Start of Materials provided

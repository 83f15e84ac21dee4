-- ===== src/Console/Editor.antt =====
-- The editor of lines that specifies consoleintr of console.c, and its keys that erase.
use xv6_fork.Prelude.{
  ℕ, zero, suc, ◌+◌, ◌-◌, ◌%◌, ◌≤◌, ◌<◌, ◌≡◌, ◌≢◌, refl, sym, ap, ◌∙◌, inl, inr, arith, true, false,
  not, ◌&&◌, ◌||◌, List, [], ◌∷◌, ◌++◌, length, take, replicate, get_or, if◌then◌else◌, ◌==◌, sub32,
  length-take, take-nil, Bool-cases, ltb,
}
use mathlib.Core.Path.{subst}
use xv6_fork.Console.{
  Input, Event, shown, woken, input_buf, backspace, newline, end_of_file, list_processes, kill_line,
  erase_line, erase, newline_for,
}
use xv6_fork.Console.Ring.{Shows, no_line, shorter-Shows, last_char, get_or-take}

-- The specification: what can be read, and the line that is typed.
pub record Editor : Type 0 where
  pub ready : List ℕ
  pub line : List ℕ

-- A character that is not 0 is added if there is room. The line can be read once it ends or the room
-- is used up.
unfoldable pub spec_type : ℕ → Editor → Editor × List Event
spec_type c d =
    let x = newline_for c in
    let longer = d.line ++ x ∷ [] in
    if not (c == 0) && ltb (length d.ready + length d.line) input_buf
    then (if (x == newline) || (x == end_of_file) || (length d.ready + length longer == input_buf)
        then (record { ready = d.ready ++ longer; line = [] }, shown x ∷ woken ∷ [])
        else (record d { line = longer }, shown x ∷ []))
    else (d, [])

-- C('U') erases the line, C('H') and '\x7f' its last character.
unfoldable pub spec_key : ℕ → Editor → Editor × List Event
spec_key c d =
    if c == list_processes
    then (d, [])
    else (if c == kill_line
        then (record d { line = [] }, replicate (length d.line) (shown backspace))
        else (if (c == 8) || (c == 127)
            then (
              record d { line = take (length d.line - 1) d.line },
              replicate (length (take 1 d.line)) (shown backspace),
            )
            else spec_type c d))

-- The ring holds what the editor does, and the line that is typed has no newline.
pub record Holds (s : Input) (d : Editor) : Type 0 where
  pub shows : Shows s d.ready d.line
  pub plain : (k : ℕ) → k < length d.line → get_or d.line k 0 ≢ newline

-- What a step has done to both.
pub record Agrees (out : Input × List Event) (want : Editor × List Event) : Type 0 where
  pub holds : Holds out.0 want.0
  pub events : out.1 ≡ want.1

pub empty-plain : (k : ℕ) → k < length {A = ℕ} [] → get_or [] k 0 ≢ newline
empty-plain k h = absurd (omega arith)

shorter-Holds :
    {s : Input} {d : Editor} (m : ℕ)
    → Holds s d
    → length d.line ≡ suc m
    → Holds (record s { e = sub32 s.e 1 }) (record d { line = take m d.line })
shorter-Holds {d = d} m h e = record {
  shows = shorter-Shows h.shows m e;
  plain = λ k lt same.
      h.plain k (omega (arith, length-take m d.line))
        (sym (get_or-take m d.line k (omega (arith, length-take m d.line))) ∙ same);
}

one_more : (n : ℕ) → (n == 0) ≡ false → n ≡ suc (n - 1)
one_more n h = ground arith

none_left : (n : ℕ) → (n == 0) ≡ true → n ≡ 0
none_left n h = ground arith

nil_line : (xs : List ℕ) → length xs ≡ 0 → xs ≡ []
nil_line [] h = refl
nil_line (x ∷ xs) h = absurd (omega arith)

-- The line of an editor whose line is empty.
emptied : (d : Editor) → length d.line ≡ 0 → d ≡ record d { line = [] }
emptied d h = λ i. record { ready = d.ready; line = nil_line d.line h i }

erasures : (m n : ℕ) → m ≡ n → replicate m (shown backspace) ≡ replicate n (shown backspace)
erasures m n e = ap (λ k. replicate k (shown backspace)) e

-- As many rounds as the line is long erase it.
pub erase_line-Agrees :
    (n : ℕ) (s : Input) (d : Editor)
    → Holds s d
    → length d.line ≤ n
    → Agrees (erase_line n s) (record d { line = [] }, replicate (length d.line) (shown backspace))
unfolding erase_line
erase_line-Agrees zero s d h le = record {
  holds = subst (Holds s) (emptied d (omega arith)) h;
  events = erasures 0 (length d.line) (omega arith);
}
erase_line-Agrees (suc n) s d h le = elim (Bool-cases (length d.line == 0)) [
  | inl z ↦
      let e = none_left _ z in
      rw (no_line h.shows, z)
        record { holds = subst (Holds s) (emptied d e) h; events = erasures _ _ (sym e) }
  | inr more ↦
      let e = one_more (length d.line) more in
      let m = length d.line - 1 in
      let short : length (take m d.line) ≡ m = omega (arith, length-take m d.line) in
      let shorter = erase_line-Agrees n _ _ (shorter-Holds m h e) (omega (arith, short)) in
      let other : (s.buf (sub32 s.e 1 % input_buf) == newline) ≡ false =
        rw (last_char h.shows m e) (ground (arith, h.plain m (omega arith))) in
      rw (no_line h.shows, more, other)
        record {
          holds = shorter.holds;
          events =
              ap (λ es. shown backspace ∷ es) (shorter.events ∙ erasures _ _ short)
              ∙ erasures _ _ (sym e);
        }
]

take-none : (xs : List ℕ) (n : ℕ) → length xs ≡ 0 → xs ≡ take n xs
take-none [] n e = sym (take-nil n)
take-none (x ∷ xs) n e = absurd (omega arith)

pub erase-Agrees :
    (s : Input) (d : Editor)
    → Holds s d
    → Agrees (erase s) (
      record d { line = take (length d.line - 1) d.line },
      replicate (length (take 1 d.line)) (shown backspace),
    )
unfolding erase
erase-Agrees s d h = elim (Bool-cases (length d.line == 0)) [
  | inl z ↦
      let e = none_left _ z in
      rw (no_line h.shows, z)
        record {
          holds =
              subst (Holds s)
                (λ i. record { ready = d.ready; line = take-none d.line (length d.line - 1) e i })
                h;
          events = erasures 0 (length (take 1 d.line)) (omega (arith, e, length-take 1 d.line));
        }
  | inr more ↦
      rw (no_line h.shows, more)
        record {
          holds = shorter-Holds (length d.line - 1) h (one_more _ more);
          events =
              erasures 1 (length (take 1 d.line))
                (omega (arith, one_more _ more, length-take 1 d.line));
        }
]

End of Materials provided

An exact copy of the lines from the one containing "Agrees (erase s)" through the end of the entries is required, and nothing beyond them.

    → Agrees (erase s) (
      record d { line = take (length d.line - 1) d.line },
      replicate (length (take 1 d.line)) (shown backspace),
    )
unfolding erase
erase-Agrees s d h = elim (Bool-cases (length d.line == 0)) [
  | inl z ↦
      let e = none_left _ z in
      rw (no_line h.shows, z)
        record {
          holds =
              subst (Holds s)
                (λ i. record { ready = d.ready; line = take-none d.line (length d.line - 1) e i })
                h;
          events = erasures 0 (length (take 1 d.line)) (omega (arith, e, length-take 1 d.line));
        }
  | inr more ↦
      rw (no_line h.shows, more)
        record {
          holds = shorter-Holds (length d.line - 1) h (one_more _ more);
          events =
              erasures 1 (length (take 1 d.line))
                (omega (arith, one_more _ more, length-take 1 d.line));
        }
]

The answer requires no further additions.